Problem details:
Give back only the lines in the records below from the one with "-- heap_malloc of ViOS64Bit/src/memory/heap/heap.c against" to the one with "mark_taken_loop-prefix [] pre", both inclusive, word for word.

Material provided:
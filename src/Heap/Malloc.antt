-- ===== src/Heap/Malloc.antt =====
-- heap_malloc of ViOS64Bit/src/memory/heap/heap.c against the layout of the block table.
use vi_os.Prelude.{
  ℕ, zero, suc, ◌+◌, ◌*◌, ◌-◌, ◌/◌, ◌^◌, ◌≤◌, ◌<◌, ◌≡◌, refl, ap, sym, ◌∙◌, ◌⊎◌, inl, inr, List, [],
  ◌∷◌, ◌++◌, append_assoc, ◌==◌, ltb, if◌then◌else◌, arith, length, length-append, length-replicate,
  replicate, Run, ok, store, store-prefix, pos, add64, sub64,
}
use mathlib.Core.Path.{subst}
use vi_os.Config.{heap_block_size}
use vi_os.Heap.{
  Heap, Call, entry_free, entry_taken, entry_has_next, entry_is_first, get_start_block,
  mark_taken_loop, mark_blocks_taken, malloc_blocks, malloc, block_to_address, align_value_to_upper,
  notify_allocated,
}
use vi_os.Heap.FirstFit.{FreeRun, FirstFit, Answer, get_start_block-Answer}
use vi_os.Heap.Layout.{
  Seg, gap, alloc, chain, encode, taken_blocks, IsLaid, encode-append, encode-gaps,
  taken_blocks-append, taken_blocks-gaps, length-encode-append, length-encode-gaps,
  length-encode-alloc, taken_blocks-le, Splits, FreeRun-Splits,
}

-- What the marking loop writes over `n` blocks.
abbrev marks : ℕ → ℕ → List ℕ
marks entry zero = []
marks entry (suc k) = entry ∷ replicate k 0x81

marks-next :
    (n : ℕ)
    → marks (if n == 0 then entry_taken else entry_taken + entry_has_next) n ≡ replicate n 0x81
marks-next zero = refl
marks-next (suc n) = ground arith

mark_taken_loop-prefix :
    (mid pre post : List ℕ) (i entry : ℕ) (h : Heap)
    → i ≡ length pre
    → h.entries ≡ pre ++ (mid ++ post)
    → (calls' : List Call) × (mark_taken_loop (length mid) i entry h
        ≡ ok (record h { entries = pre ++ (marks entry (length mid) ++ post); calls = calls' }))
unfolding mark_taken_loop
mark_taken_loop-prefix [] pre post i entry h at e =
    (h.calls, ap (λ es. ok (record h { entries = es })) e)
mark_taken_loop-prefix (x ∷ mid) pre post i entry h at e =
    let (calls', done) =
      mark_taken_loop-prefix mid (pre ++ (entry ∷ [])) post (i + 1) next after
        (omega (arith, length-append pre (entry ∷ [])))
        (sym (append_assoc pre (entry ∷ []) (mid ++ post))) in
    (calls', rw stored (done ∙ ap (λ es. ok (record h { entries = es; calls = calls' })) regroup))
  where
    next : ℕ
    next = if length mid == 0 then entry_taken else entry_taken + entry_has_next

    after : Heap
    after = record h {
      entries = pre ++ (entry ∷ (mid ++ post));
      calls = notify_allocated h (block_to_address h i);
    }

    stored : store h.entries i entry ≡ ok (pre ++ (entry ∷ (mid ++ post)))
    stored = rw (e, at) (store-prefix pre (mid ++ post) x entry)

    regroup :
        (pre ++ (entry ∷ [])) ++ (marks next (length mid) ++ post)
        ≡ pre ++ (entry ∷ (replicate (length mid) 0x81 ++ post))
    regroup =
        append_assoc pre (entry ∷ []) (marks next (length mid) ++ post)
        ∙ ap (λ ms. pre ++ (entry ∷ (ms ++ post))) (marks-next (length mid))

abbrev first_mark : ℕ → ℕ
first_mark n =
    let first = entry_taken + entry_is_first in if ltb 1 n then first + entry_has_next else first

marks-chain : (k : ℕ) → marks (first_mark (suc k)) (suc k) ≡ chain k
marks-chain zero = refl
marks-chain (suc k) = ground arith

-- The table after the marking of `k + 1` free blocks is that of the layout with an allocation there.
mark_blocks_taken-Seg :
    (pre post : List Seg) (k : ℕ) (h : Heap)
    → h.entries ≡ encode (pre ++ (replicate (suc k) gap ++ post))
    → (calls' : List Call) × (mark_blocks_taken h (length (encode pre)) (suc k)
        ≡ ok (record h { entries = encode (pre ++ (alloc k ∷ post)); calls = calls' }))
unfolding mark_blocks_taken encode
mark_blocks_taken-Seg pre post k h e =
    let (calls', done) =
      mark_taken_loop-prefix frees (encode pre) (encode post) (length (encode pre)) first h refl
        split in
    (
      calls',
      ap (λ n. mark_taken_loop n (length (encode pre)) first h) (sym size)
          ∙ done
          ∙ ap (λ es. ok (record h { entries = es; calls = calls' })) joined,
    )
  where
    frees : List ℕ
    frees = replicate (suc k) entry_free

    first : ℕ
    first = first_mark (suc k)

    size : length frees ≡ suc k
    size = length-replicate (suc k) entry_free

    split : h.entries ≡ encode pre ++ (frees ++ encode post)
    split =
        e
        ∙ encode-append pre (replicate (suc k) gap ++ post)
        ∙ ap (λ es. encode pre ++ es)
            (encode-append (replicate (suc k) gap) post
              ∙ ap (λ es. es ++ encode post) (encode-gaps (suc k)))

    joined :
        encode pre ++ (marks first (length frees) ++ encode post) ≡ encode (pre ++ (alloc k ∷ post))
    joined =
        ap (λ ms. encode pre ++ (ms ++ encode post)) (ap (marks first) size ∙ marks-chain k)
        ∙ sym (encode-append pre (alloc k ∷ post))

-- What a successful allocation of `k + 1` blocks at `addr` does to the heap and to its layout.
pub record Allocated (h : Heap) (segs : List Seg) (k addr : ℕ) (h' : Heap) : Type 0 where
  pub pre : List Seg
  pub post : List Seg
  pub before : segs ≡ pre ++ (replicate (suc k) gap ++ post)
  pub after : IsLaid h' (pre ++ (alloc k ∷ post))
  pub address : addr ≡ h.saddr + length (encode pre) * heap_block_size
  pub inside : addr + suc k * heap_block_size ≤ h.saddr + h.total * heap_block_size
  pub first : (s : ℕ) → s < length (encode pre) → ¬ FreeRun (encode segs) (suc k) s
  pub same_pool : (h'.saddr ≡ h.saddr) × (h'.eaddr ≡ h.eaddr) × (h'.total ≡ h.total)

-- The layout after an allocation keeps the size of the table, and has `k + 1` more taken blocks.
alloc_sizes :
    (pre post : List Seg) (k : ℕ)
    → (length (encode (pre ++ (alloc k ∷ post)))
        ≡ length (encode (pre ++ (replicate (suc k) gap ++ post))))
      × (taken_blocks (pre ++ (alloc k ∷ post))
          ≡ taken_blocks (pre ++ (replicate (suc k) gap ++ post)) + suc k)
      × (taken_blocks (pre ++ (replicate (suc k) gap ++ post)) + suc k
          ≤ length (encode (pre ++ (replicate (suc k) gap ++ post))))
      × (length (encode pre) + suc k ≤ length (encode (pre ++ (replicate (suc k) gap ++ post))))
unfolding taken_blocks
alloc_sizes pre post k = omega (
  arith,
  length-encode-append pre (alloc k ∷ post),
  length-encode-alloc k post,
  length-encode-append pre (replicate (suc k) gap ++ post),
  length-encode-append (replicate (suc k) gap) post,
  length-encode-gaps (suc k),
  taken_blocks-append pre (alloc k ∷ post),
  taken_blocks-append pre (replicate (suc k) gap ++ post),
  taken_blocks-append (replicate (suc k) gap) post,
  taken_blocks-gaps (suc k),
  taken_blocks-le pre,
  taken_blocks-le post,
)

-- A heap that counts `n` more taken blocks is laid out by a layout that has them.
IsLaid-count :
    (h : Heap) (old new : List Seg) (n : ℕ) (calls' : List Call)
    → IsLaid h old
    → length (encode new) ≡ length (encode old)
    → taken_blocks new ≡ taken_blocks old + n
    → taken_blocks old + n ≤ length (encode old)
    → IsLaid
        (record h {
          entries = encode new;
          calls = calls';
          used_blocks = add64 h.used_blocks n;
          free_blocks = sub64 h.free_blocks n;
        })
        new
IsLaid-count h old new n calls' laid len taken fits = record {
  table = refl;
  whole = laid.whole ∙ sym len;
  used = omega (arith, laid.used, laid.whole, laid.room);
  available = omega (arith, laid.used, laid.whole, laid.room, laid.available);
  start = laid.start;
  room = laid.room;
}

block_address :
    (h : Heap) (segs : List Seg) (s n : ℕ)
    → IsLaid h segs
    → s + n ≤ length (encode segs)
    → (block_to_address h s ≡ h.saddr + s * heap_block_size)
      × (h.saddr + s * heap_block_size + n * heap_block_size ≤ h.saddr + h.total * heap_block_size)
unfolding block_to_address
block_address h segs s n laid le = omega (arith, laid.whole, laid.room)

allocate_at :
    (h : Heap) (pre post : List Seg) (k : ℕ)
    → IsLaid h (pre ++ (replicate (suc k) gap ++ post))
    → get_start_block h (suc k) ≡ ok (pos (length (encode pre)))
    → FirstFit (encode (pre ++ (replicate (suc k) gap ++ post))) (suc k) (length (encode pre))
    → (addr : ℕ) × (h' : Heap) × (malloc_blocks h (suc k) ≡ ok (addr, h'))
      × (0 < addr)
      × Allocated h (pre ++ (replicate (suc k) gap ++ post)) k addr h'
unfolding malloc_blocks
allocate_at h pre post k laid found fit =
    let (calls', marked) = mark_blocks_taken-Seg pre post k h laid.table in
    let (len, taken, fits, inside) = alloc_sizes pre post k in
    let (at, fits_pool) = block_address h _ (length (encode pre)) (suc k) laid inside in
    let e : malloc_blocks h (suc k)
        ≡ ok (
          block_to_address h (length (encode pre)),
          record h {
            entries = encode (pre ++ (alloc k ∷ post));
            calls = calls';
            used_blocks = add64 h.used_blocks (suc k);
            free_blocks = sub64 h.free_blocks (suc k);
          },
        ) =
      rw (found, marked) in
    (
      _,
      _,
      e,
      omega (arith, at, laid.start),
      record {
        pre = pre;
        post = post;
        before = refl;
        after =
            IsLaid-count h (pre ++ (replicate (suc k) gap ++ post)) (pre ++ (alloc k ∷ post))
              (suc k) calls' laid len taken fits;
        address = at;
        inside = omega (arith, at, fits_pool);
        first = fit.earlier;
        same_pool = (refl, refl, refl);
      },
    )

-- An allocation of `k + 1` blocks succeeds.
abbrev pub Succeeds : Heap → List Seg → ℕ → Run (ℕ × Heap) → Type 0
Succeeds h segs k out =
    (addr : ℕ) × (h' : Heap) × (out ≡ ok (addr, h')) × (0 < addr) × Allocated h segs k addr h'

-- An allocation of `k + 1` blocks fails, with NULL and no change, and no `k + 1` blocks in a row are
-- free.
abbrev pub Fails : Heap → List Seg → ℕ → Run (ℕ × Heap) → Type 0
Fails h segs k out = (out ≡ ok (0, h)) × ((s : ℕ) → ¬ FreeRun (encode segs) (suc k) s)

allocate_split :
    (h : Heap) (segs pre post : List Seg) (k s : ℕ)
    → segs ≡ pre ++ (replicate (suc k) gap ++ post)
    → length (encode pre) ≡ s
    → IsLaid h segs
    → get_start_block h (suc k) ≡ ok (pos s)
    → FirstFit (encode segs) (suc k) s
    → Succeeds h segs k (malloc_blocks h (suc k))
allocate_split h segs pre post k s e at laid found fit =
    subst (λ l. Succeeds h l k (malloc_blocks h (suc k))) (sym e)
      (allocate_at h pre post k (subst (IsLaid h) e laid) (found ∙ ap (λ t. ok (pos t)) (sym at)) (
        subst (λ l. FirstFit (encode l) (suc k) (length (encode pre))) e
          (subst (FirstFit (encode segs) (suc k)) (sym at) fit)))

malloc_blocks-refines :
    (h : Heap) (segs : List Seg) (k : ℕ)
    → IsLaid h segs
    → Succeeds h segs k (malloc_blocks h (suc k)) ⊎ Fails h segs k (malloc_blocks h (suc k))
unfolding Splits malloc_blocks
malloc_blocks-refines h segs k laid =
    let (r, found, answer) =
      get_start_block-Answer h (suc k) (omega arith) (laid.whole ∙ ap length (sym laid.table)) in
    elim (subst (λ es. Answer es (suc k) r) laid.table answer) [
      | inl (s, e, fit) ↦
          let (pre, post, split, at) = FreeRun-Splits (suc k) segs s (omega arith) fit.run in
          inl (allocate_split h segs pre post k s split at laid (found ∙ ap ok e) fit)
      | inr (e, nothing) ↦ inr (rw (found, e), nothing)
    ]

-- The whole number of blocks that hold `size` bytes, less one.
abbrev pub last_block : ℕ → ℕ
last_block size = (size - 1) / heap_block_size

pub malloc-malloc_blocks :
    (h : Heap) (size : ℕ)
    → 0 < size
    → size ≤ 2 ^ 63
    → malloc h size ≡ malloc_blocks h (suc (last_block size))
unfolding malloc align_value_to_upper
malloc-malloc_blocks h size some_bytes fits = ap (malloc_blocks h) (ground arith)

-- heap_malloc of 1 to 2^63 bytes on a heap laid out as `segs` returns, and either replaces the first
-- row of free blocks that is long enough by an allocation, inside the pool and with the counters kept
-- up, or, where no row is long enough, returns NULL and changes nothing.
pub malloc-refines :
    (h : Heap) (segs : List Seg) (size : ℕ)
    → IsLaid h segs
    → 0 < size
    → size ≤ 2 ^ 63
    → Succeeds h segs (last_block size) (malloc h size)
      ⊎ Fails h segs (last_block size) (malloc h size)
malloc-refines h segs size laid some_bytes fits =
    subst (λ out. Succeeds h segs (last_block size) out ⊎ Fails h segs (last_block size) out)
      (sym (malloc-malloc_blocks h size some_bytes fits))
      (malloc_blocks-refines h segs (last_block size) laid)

==

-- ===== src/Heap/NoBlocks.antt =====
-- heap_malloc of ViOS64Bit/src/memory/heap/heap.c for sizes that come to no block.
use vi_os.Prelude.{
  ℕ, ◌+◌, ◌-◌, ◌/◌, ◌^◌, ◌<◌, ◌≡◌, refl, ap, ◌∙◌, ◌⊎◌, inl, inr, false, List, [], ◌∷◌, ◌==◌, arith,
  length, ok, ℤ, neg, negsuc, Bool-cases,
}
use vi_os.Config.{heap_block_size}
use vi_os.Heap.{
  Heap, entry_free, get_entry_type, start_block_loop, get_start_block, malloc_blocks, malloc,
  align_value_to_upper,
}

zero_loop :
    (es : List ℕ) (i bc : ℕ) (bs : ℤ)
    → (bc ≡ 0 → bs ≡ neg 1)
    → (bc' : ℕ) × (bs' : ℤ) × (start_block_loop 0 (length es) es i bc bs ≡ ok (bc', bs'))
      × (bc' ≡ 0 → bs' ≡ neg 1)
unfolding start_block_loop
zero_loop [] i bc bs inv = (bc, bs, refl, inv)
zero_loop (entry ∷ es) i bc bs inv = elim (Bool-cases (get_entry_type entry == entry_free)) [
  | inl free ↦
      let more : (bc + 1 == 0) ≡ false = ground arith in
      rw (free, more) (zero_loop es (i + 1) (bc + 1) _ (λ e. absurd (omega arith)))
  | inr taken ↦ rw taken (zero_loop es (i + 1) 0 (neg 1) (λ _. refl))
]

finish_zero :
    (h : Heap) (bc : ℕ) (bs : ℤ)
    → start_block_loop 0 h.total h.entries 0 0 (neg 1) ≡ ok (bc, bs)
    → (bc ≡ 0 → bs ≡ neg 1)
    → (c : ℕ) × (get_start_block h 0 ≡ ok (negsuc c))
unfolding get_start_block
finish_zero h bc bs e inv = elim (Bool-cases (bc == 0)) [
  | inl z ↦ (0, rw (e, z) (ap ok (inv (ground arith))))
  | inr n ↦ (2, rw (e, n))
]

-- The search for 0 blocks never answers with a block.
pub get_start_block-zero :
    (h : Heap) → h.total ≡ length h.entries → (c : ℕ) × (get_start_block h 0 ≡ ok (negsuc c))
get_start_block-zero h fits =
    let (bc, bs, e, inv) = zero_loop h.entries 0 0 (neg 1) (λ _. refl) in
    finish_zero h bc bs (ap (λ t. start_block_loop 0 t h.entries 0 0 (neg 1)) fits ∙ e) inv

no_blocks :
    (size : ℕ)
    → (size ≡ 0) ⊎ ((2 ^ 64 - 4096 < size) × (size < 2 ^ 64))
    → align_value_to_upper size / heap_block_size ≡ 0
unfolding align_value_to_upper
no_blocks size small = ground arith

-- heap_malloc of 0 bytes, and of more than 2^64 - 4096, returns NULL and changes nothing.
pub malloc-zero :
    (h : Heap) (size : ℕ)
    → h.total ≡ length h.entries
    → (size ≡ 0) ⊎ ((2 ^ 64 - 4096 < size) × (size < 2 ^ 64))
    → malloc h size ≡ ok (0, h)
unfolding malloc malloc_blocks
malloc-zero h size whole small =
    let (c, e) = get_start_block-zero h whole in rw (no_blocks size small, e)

Reply:
-- heap_malloc of ViOS64Bit/src/memory/heap/heap.c against the layout of the block table.
use vi_os.Prelude.{
  ℕ, zero, suc, ◌+◌, ◌*◌, ◌-◌, ◌/◌, ◌^◌, ◌≤◌, ◌<◌, ◌≡◌, refl, ap, sym, ◌∙◌, ◌⊎◌, inl, inr, List, [],
  ◌∷◌, ◌++◌, append_assoc, ◌==◌, ltb, if◌then◌else◌, arith, length, length-append, length-replicate,
  replicate, Run, ok, store, store-prefix, pos, add64, sub64,
}
use mathlib.Core.Path.{subst}
use vi_os.Config.{heap_block_size}
use vi_os.Heap.{
  Heap, Call, entry_free, entry_taken, entry_has_next, entry_is_first, get_start_block,
  mark_taken_loop, mark_blocks_taken, malloc_blocks, malloc, block_to_address, align_value_to_upper,
  notify_allocated,
}
use vi_os.Heap.FirstFit.{FreeRun, FirstFit, Answer, get_start_block-Answer}
use vi_os.Heap.Layout.{
  Seg, gap, alloc, chain, encode, taken_blocks, IsLaid, encode-append, encode-gaps,
  taken_blocks-append, taken_blocks-gaps, length-encode-append, length-encode-gaps,
  length-encode-alloc, taken_blocks-le, Splits, FreeRun-Splits,
}

-- What the marking loop writes over `n` blocks.
abbrev marks : ℕ → ℕ → List ℕ
marks entry zero = []
marks entry (suc k) = entry ∷ replicate k 0x81

marks-next :
    (n : ℕ)
    → marks (if n == 0 then entry_taken else entry_taken + entry_has_next) n ≡ replicate n 0x81
marks-next zero = refl
marks-next (suc n) = ground arith

mark_taken_loop-prefix :
    (mid pre post : List ℕ) (i entry : ℕ) (h : Heap)
    → i ≡ length pre
    → h.entries ≡ pre ++ (mid ++ post)
    → (calls' : List Call) × (mark_taken_loop (length mid) i entry h
        ≡ ok (record h { entries = pre ++ (marks entry (length mid) ++ post); calls = calls' }))
unfolding mark_taken_loop
mark_taken_loop-prefix [] pre post i entry h at e =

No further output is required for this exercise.